Although, I have seen some smaller spigots called toe testers.


----------



## Tinstaafl (Jan 6, 2008)

That's pretty much what I was picturing. Looks like a knee/shin banger.


----------



## Tool (Dec 20, 2010)

I thought this thread was going to be about one our northern most brothers peeing into the wind. :blink:


----------



## Inner10 (Mar 12, 2009)

First time I saw it I thought WTF is that, so I asked the plumber. He replied "its a toe-test" so you can go in the shower, adjust the water temperature and then turn the overhead shower on. No more leaning into the shower stall and playing with the dials until you get the temp spot on.

Maybe its a regional thing but since that day I have seen it installed on many homes. 



> You must not do work in homes of those of certain eastern religions, I have seen it here, many times.

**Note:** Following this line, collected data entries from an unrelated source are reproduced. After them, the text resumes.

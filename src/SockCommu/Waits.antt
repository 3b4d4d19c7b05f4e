-- ===== src/SockCommu/Waits.antt =====
-- What CTSockCommu::sendto (sockcommu.cpp) keeps of its bytes is waited for.
use spp_server_frame_work.Base.{
  ℕ, ◌+◌, ◌<◌, ◌≡◌, ◌≢◌, ◌⊎◌, inl, inr, refl, sym, ap, ◌∙◌, subst, false, List, [], some, ltb, ◌==◌,
  length, arith, ==-refl, ==-eq_false, if-cases, not_ltb→le,
}
use spp_server_frame_work.ConnSet.{
  ConnSet, Result, not_findfd, need_close, again, need_send, done, getcc, udp_socket, send,
}
use spp_server_frame_work.ConnSet.Stream.{kept}
use spp_server_frame_work.ConnSet.Output.{Tells, send-Tells, send-Same}
use spp_server_frame_work.PollFlow.{value, ctl}
use spp_server_frame_work.SockCommu.State.{
  ℤ, Callback, conn_info, cb_senddone, epollin, epollout, epollet, SockCommu, FuncList, call,
  epoll_ctl,
}
use spp_server_frame_work.SockCommu.Send.{
  SendAnswers, wait_for, after_send, sent, sendto, report_done, sent_info,
}
use spp_server_frame_work.SockCommu.Expire.{IsQuiet}

-- Bytes that are kept are waited for: the kernel is to report when the descriptor can be written.
abbrev pub Waits : ℕ → ℕ → SockCommu → Result → Type 0
Waits flow m c (done n) =
    (kept c.connset flow ≡ [])
    ⊎ (c.interest (getcc c.connset flow).fd
        ≡ some ((ctl (getcc c.connset flow).fd flow (epollet + epollin + epollout) (value m) 0).0))
Waits flow m c ret = Unit {0}

call-connset :
    (funcs : FuncList) (cb : Callback) (flow : ℕ) (prepared c : SockCommu)
    → IsQuiet funcs cb
    → prepared.connset ≡ c.connset
    → (call funcs cb flow prepared c).0.connset ≡ c.connset
unfolding call
call-connset funcs cb flow prepared c quiet e =
    if-cases (λ (r : SockCommu × ℤ). r.0.connset ≡ c.connset) (funcs.registered cb)
      (funcs.func cb flow prepared) (c, ℤ.pos 0) (λ _. quiet flow prepared ∙ e) (λ _. refl)

sent_info-connset :
    (flow : ℕ) (a : SendAnswers) (c : SockCommu) → (sent_info flow a c).connset ≡ c.connset
unfolding sent_info conn_info
sent_info-connset flow a c = ground arith

module _ (flow m : ℕ) (a : SendAnswers) (taken : a.modified ≡ value m) (events : ℕ) where
  wait_for_lem :
      (c : SockCommu)
      → (getcc c.connset flow).type ≢ udp_socket
      → wait_for flow events a.modified c
        ≡ epoll_ctl (getcc c.connset flow).fd flow events (value m) c
  unfolding wait_for
  wait_for_lem c stream =
      let t = (getcc c.connset flow).type in rw (==-eq_false t udp_socket stream, taken) refl

  wait_for-connset :
      (c : SockCommu)
      → (getcc c.connset flow).type ≢ udp_socket
      → (wait_for flow events a.modified c).connset ≡ c.connset
  unfolding epoll_ctl
  wait_for-connset c stream = ap (λ (d : SockCommu). d.connset) (wait_for_lem c stream)

  wait_for-interest :
      (c : SockCommu)
      → (getcc c.connset flow).type ≢ udp_socket
      → (let fd = (getcc c.connset flow).fd in
          (wait_for flow events a.modified c).interest fd
          ≡ some ((ctl fd flow events (value m) 0).0))
  unfolding epoll_ctl
  wait_for-interest c stream =
      let fd = (getcc c.connset flow).fd in
      ap (λ (d : SockCommu). d.interest fd) (wait_for_lem c stream) ∙ rw (==-refl fd) refl

module _ (funcs : FuncList) (quiet : IsQuiet funcs cb_senddone) (flow m : ℕ) (content : List ℕ)
    (a : SendAnswers) (taken : a.modified ≡ value m) where
  report_done-connset : (c : SockCommu) → (report_done funcs flow content a c).connset ≡ c.connset
  unfolding report_done
  report_done-connset c = call-connset funcs cb_senddone flow _ c quiet (sent_info-connset flow a c)

  after_send-Waits :
      (c : SockCommu) (n : ℕ)
      → (getcc c.connset flow).type ≢ udp_socket
      → (n < length content) ⊎ (kept c.connset flow ≡ [])
      → Waits flow m (after_send funcs flow content a c n) (done n)
  unfolding after_send
  after_send-Waits c n stream tells =
      let more = epollet + epollin + epollout in
      let reported = report_done funcs flow content a c in
      let told = report_done-connset c in
      let stream' : (getcc reported.connset flow).type ≢ udp_socket =
        λ e. stream (ap (λ s. (getcc s flow).type) (sym told) ∙ e) in
      if-cases (λ d. Waits flow m d (done n)) (ltb n (length content))
        (wait_for flow more a.modified c) (wait_for flow (epollin + epollet) a.modified reported)
        (λ _.
          let same = wait_for-connset flow m a taken more c stream in
          inr (
            subst
              (λ s.
                (wait_for flow more a.modified c).interest (getcc s flow).fd
                ≡ some ((ctl (getcc s flow).fd flow more (value m) 0).0))
              (sym same) (wait_for-interest flow m a taken more c stream)))
        (λ all. elim tells [
          | inl less ↦ absurd (omega (arith, not_ltb→le n (length content) all))
          | inr none ↦ inl (
              ap (λ s. kept s flow)
                (wait_for-connset flow m a taken (epollin + epollet) reported stream' ∙ told)
              ∙ none)
        ])

  sent-Waits :
      (c : SockCommu) (r : ConnSet × Result × List ℕ)
      → (getcc r.0 flow).type ≢ udp_socket
      → Tells flow content r
      → Waits flow m (sent funcs flow content a (record c { connset = r.0 }) r.1) r.1
  unfolding sent
  sent-Waits c (s, done n, gone) stream tells =
      after_send-Waits (record c { connset = s }) n stream tells
  sent-Waits c (s, not_findfd, gone) stream tells = tt
  sent-Waits c (s, need_close, gone) stream tells = tt
  sent-Waits c (s, again, gone) stream tells = tt
  sent-Waits c (s, need_send, gone) stream tells = tt

  -- With a SENDDONE callback that leaves the connections alone, a connection that is no datagram's, bytes
  -- to send and a kernel that takes the change: if sendto succeeds, nothing is kept, or the kernel is to
  -- report when the descriptor can be written.
  pub sendto-Waits :
      (c : SockCommu)
      → (getcc c.connset flow).type ≢ udp_socket
      → 0 < length content
      → (let (c', ret) = sendto funcs flow content a c in Waits flow m c' ret)
  unfolding sendto
  sendto-Waits c stream some_bytes =
      let r = send c.connset flow content a.now a.first a.second in
      let (kind, _, _) = send-Same c.connset flow content a.now a.first a.second in
      let none : (length content == 0) ≡ false =
        ==-eq_false (length content) 0 (λ z. omega arith) in
      rw none (
        sent-Waits c r (λ e. stream (sym kind ∙ e))
          (send-Tells c.connset flow content a.now a.first a.second some_bytes))
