-- ===== src/SockCommu/Tests.antt =====
-- CTSockCommu at concrete inputs.
use spp_server_frame_work.Base.{
  ℕ, zero, suc, ◌%◌, ◌<◌, ◌≡◌, ◌⊎◌, inl, inr, refl, true, List, [], ◌∷◌, none, some, ◌==◌,
  if◌then◌else◌, arith,
}
use spp_server_frame_work.ConnSet.{
  Ipport, ConnCache, ok, is_ok, e_again, e_other, getcc, is_conn, free_cc, addconn, choose_flow,
}
use spp_server_frame_work.ConnSet.Stream.{kept}
use spp_server_frame_work.ConnSet.Expiry.{Fate}
use spp_server_frame_work.PollFlow.{Event, value, minus, ctl, tag, fd, flow, wait}
use spp_server_frame_work.ConnSet.Slots.{Slots}
use spp_server_frame_work.SockCommu.State.{
  ℤ, pos, Callback, cb_recvdata, SockCommu, FuncList, no_data, call, next_flow,
}
use spp_server_frame_work.SockCommu.Accept.{Received, AcceptAnswers, announced, handle_accepted}
use spp_server_frame_work.SockCommu.Receive.{
  Ready, recv_loop, check_expire, is_listening, handle_all, fd_of, flow_of,
}
use spp_server_frame_work.SockCommu.Send.{SendAnswers, sendto}
use spp_server_frame_work.SockCommu.Start.{no_info, unused}
use spp_server_frame_work.SockCommu.Expire.{check_expire-Fate}
use spp_server_frame_work.SockCommu.Stream.{Accounts, recv_loop-Accounts}
use spp_server_frame_work.SockCommu.Admit.{Took, handle_accepted-Took, handle_accepted-leaks}
use spp_server_frame_work.SockCommu.Drain.{IsWritable, handle_all-drains}
use spp_server_frame_work.SockCommu.Waits.{Waits, sendto-Waits}

-- Messages of two bytes; every other callback does nothing.
abbrev func : Callback → ℕ → SockCommu → SockCommu × ℤ
func cb_recvdata flow c = (c, pos 2)
func cb flow c = (c, pos 0)

abbrev funcs : FuncList
funcs = record { registered = λ cb. true; func = func }

abbrev nowhere : Ipport
nowhere = record { ip = 0; port = 0 }

-- Flow 5, on descriptor 30, has three bytes to send, and has been quiet since 100.
abbrev busy : ConnCache
busy = record {
  flow = 5;
  fd = 30;
  access = 100;
  type = 1;
  addr = nowhere;
  r = 9 ∷ [];
  w = 1 ∷ 2 ∷ 3 ∷ [];
}

abbrev slots : ℕ → ConnCache
slots zero = free_cc
slots (suc zero) = busy
slots (suc (suc i)) = free_cc

abbrev commu : SockCommu
commu = record {
  sockbind = λ i. if i == 3 then record unused { type = 1 } else unused;
  maxbindfd = 3;
  expiretime = 60;
  check_expire_interval = 10;
  lastchecktime = 180;
  flow = 6;
  buff_blob = no_data;
  extinfo = no_info;
  connset = record { ccs = slots; maxconn = 4; curconn = 1 };
  interest = λ i. none;
}

slots_in_place : (i : ℕ) → i < 4 → ((slots i).flow ≡ 0) ⊎ ((slots i).flow % 4 ≡ i)
slots_in_place zero l = inl refl
slots_in_place (suc zero) l = inr refl
slots_in_place (suc (suc i)) l = inl refl

commu-Slots : Slots commu.connset
commu-Slots = (omega arith, slots_in_place)

check_expire-Fate_example :
    (let c' = check_expire funcs 200 commu in
      Fate true busy ((c'.connset).ccs 1) × (c'.lastchecktime ≡ 200))
check_expire-Fate_example =
    check_expire-Fate funcs (λ flow c. refl) 200 1 commu commu-Slots (omega arith)
      (λ e. omega arith) (omega arith)

abbrev received : List ℕ → Received
received l = record { now = 190; answer = ok 0; bytes = l; sender = nowhere; peer = none }

-- A byte is in the cache: two messages, one of them of two answers, and the connection is reset.
abbrev answers : List Received
answers =
    received (1 ∷ [])
    ∷ received (2 ∷ 3 ∷ [])
    ∷ record (received []) { answer = e_other }
    ∷ received (4 ∷ [])
    ∷ []

recv_loop-Accounts_example :
    (let (c', gone, unread) = recv_loop funcs 5 30 (received []) answers commu in
      Accounts 5 funcs
        (λ c. inl (refl, refl))
        (λ c. inl (refl, refl))
        (λ c. inl (refl, refl))
        (9 ∷ 1 ∷ 2 ∷ 3 ∷ 4 ∷ [])
        c'
        gone
        unread)
unfolding getcc is_ok
recv_loop-Accounts_example =
    recv_loop-Accounts 5 funcs (λ c. inl (refl, refl)) (λ c. inl (refl, refl))
      (λ c. inl (refl, refl)) 30 (received []) answers commu

abbrev accepts : AcceptAnswers
accepts = record {
  waits = 1;
  accepted = some 31;
  peer = none;
  nonblock = true;
  now = 190;
  added = value 0;
}

abbrev send_answers : SendAnswers
send_answers = record {
  now = 190;
  first = e_again;
  second = e_again;
  modified = value 0;
  peer = none;
}

abbrev ready : Event → Ready
ready e = record {
  event = e;
  accepts = accepts;
  datagram = received [];
  now = 190;
  sent = ok 1;
  modified = value 0;
  received = received (1 ∷ 2 ∷ []) ∷ [];
  dry = received [];
}

handle_accepted-Took_example :
    (let c' = handle_accepted funcs 3 31 accepts commu in
      let c2 = announced 3 31 none (next_flow commu) in
      Took c2 c' 31 7 5
      × ((e : Event) × (c'.interest 31 ≡ some e)
          × (e.events ≡ 2_147_483_649)
          × (flow_of e ≡ 7)
          × (fd_of e ≡ 31)))
unfolding call next_flow announced addconn choose_flow getcc
handle_accepted-Took_example =
    handle_accepted-Took funcs 3 31 7 5 accepts commu (announced 3 31 none (next_flow commu)) refl
      refl refl (λ e. omega arith) 0 refl (omega arith) (omega arith)

abbrev refused : AcceptAnswers
refused = record accepts { added = minus 12 }

handle_accepted-leaks_example :
    (let c' = handle_accepted funcs 3 31 refused commu in
      let c2 = announced 3 31 none (next_flow commu) in Took c2 c' 31 7 5 × (c'.interest 31 ≡ none))
unfolding call next_flow announced addconn choose_flow getcc
handle_accepted-leaks_example =
    handle_accepted-leaks funcs 3 31 7 5 refused commu (announced 3 31 none (next_flow commu)) refl
      refl refl (λ e. omega arith) 12 refl

abbrev writable : Ready
writable = ready ((ctl 30 5 4 (value 0) 0).0)

writable-IsWritable : IsWritable 5 30 writable
unfolding fd flow wait ctl tag
writable-IsWritable = record {
  of_fd = refl;
  of_flow = refl;
  writable = refl;
  not_readable = refl;
  bytes = 0;
  takes = refl;
}

handle_all-drains_example :
    kept (handle_all funcs (writable ∷ writable ∷ writable ∷ []) commu).connset 5 ≡ []
unfolding is_listening is_conn getcc
handle_all-drains_example =
    handle_all-drains funcs 5 30 (writable ∷ writable ∷ writable ∷ []) commu
      (writable-IsWritable, (writable-IsWritable, (writable-IsWritable, tt))) refl refl
      (omega arith)

sendto-Waits_example :
    (let (c', ret) = sendto funcs 5 (4 ∷ []) send_answers commu in Waits 5 0 c' ret)
unfolding getcc
sendto-Waits_example =
    sendto-Waits funcs (λ flow c. refl) 5 0 (4 ∷ []) send_answers refl commu (λ e. omega arith)
      (omega arith)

I couldn't believe what I was seeing the first time I walked into a public washroom in downtown Ottawa and saw a guy washing his feet in the sink.


----------



## concretemasonry (Dec 1, 2006)

I have seen the "toe testers" in China. The same "middle class" homes usually have several toilet facilities for American or the better fancy Japanese toilets ($7000 each) with wash dry and wipe in addition to the separate traditional "bomb site" toilets, but they have running water instead of a pitcher.


----------